(Records contained in a dataset)
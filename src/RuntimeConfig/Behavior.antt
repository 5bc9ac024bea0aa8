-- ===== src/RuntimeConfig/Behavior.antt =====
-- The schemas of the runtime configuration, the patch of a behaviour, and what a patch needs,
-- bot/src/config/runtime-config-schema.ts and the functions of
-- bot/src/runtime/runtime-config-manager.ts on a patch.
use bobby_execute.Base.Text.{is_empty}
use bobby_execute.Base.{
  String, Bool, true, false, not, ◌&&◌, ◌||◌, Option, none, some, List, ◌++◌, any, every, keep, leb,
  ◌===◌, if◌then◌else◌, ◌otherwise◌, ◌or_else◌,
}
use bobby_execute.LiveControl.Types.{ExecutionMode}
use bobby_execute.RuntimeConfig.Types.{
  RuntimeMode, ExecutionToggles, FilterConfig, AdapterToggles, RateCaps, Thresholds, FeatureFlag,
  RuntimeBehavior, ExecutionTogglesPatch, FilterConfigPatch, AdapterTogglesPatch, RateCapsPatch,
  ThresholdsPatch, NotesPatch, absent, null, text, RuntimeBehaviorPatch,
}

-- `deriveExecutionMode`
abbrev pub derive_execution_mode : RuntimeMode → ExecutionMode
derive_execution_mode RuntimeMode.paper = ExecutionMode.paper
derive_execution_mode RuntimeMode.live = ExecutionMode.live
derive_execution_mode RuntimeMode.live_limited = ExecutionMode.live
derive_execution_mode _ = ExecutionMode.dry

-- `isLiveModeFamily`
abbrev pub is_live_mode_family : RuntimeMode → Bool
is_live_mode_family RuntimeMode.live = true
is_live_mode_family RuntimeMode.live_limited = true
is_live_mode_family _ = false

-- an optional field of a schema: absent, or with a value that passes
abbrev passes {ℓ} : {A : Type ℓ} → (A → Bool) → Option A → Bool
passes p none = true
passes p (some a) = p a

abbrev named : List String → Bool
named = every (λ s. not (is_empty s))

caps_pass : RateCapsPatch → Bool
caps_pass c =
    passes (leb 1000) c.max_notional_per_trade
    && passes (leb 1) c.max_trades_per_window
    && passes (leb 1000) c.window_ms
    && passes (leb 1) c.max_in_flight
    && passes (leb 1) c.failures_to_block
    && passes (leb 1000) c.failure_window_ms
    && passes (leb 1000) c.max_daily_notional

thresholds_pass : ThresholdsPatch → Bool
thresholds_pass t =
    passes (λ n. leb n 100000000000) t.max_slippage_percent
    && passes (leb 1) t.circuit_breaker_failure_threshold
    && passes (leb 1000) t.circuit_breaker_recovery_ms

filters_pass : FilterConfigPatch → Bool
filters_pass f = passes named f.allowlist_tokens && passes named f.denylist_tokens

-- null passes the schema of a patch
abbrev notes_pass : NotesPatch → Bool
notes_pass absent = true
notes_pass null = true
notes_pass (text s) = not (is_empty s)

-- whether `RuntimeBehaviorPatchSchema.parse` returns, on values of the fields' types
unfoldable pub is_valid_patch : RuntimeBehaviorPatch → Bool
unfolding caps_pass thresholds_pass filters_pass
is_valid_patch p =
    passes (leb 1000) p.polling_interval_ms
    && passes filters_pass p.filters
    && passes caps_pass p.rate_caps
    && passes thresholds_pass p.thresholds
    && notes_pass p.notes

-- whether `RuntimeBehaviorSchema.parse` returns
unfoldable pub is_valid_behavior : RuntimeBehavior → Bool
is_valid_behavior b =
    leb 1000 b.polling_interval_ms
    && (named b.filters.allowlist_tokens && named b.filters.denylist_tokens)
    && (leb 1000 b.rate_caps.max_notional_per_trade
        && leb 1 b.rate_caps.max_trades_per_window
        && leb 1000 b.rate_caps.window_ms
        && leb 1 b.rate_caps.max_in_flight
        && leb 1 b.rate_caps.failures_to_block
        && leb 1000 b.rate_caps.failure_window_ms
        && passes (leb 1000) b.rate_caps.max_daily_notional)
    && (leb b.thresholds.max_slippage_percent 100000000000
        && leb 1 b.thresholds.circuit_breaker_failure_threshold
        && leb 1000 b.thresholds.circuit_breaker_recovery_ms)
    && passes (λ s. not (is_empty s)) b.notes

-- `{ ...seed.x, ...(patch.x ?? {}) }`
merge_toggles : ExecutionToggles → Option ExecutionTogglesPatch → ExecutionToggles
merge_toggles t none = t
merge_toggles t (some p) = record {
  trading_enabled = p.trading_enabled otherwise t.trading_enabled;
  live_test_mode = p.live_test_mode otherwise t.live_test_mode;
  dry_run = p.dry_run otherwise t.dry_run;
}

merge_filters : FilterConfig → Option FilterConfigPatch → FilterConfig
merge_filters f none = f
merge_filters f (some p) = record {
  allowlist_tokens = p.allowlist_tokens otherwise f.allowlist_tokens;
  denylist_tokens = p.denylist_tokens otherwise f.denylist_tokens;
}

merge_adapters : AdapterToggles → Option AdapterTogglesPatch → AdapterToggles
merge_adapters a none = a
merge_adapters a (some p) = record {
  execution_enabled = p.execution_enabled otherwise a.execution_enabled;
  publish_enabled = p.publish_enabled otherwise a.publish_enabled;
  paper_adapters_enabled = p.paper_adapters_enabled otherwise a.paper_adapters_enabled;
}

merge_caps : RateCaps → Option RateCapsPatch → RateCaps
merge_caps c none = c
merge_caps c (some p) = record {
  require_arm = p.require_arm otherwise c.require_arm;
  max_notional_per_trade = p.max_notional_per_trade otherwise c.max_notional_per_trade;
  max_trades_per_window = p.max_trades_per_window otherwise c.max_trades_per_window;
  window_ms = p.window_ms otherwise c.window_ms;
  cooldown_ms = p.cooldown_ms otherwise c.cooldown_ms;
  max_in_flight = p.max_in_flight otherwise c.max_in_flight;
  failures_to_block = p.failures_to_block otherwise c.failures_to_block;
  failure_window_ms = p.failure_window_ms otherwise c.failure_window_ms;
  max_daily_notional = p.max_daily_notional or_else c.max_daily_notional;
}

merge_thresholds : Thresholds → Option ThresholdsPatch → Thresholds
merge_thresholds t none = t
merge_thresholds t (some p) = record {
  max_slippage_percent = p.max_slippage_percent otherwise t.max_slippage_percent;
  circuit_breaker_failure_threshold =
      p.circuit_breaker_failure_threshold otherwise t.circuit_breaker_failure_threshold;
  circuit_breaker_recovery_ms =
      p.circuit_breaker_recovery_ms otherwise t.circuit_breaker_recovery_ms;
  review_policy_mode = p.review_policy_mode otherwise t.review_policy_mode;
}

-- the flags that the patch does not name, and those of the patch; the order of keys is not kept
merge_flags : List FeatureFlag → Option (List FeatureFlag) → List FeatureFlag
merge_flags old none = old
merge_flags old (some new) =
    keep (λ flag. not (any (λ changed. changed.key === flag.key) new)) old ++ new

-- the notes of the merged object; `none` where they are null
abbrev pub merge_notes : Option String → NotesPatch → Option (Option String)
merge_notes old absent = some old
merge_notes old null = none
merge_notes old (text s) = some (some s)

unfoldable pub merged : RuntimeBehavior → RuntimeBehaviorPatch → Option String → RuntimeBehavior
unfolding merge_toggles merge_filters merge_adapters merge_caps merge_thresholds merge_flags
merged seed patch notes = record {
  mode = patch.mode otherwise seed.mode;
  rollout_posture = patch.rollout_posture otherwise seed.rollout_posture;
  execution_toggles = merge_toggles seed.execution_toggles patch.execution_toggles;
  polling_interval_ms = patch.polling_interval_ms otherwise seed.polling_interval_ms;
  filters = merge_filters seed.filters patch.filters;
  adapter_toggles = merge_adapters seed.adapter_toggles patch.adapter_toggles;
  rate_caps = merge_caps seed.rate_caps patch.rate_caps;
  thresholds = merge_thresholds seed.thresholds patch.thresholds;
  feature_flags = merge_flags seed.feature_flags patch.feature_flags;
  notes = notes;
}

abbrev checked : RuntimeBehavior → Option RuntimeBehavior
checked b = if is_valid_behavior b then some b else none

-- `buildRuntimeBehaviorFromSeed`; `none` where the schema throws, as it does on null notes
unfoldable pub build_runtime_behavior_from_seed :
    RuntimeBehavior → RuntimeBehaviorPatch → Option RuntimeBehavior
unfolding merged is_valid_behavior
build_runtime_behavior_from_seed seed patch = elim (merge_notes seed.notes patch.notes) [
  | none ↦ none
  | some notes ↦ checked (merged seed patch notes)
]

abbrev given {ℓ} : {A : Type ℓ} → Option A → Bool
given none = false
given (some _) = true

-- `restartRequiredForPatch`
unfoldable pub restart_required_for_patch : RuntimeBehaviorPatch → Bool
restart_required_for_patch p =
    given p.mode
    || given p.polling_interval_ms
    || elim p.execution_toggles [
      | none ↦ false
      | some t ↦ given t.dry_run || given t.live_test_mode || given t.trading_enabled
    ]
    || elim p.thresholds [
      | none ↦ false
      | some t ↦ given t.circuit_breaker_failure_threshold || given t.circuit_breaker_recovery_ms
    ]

--

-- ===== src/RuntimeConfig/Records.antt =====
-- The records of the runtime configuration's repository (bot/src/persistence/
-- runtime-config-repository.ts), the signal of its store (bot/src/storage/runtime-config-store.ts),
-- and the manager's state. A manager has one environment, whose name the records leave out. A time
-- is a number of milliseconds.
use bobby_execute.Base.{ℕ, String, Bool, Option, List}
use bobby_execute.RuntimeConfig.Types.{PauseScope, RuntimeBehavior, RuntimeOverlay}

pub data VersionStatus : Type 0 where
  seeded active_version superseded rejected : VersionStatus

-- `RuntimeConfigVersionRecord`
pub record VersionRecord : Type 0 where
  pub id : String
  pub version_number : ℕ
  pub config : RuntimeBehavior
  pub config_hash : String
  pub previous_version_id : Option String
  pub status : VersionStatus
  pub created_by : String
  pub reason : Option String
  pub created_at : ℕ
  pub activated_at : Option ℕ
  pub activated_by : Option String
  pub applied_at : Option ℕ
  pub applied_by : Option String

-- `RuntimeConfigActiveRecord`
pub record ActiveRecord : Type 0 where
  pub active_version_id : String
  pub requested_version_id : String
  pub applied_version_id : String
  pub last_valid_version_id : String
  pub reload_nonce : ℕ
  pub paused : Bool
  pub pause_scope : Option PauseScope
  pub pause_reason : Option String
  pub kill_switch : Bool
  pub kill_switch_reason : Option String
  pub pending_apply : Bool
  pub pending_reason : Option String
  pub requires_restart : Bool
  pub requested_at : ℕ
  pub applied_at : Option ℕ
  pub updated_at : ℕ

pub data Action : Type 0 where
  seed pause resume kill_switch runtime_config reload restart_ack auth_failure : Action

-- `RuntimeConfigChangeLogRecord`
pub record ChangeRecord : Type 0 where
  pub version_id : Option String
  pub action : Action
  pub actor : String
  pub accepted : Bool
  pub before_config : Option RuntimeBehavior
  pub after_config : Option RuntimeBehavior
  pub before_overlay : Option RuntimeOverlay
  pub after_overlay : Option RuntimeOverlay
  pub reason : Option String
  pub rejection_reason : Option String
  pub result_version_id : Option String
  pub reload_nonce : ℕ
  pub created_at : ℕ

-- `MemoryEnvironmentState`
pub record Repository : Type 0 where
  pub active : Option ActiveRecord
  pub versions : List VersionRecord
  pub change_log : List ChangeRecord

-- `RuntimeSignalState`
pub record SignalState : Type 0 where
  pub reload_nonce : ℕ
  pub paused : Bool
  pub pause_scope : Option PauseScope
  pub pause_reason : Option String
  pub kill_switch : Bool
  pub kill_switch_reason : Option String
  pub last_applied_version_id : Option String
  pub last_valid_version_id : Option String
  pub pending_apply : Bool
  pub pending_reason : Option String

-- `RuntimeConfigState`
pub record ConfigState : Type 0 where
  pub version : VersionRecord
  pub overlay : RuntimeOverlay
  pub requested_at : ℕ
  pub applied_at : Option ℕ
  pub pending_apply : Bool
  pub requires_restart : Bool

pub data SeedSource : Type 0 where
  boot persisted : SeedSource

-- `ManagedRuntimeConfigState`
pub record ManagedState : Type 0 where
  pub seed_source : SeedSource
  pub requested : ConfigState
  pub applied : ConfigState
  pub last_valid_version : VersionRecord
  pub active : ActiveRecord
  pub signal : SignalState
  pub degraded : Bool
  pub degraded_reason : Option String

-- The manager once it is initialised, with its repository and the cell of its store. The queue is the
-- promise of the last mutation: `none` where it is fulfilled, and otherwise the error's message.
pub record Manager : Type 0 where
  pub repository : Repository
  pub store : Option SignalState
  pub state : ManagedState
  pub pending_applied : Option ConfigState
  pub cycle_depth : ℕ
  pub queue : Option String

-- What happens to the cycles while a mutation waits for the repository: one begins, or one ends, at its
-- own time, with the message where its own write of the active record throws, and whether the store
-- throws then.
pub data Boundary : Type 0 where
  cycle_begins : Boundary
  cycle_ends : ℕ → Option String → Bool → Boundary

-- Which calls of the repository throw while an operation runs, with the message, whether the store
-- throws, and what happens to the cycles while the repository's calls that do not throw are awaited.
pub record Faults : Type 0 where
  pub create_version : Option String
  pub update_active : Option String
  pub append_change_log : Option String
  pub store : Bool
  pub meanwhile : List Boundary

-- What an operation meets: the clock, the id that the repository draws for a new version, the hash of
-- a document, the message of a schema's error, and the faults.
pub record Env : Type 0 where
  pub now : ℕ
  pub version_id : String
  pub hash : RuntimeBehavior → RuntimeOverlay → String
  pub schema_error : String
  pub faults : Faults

EXERCISE AIM:
All lines above with the word "happens" need to be reported.

SOLUTION BELOW:
-- What happens to the cycles while a mutation waits for the repository: one begins, or one ends, at its
-- throws, and what happens to the cycles while the repository's calls that do not throw are awaited.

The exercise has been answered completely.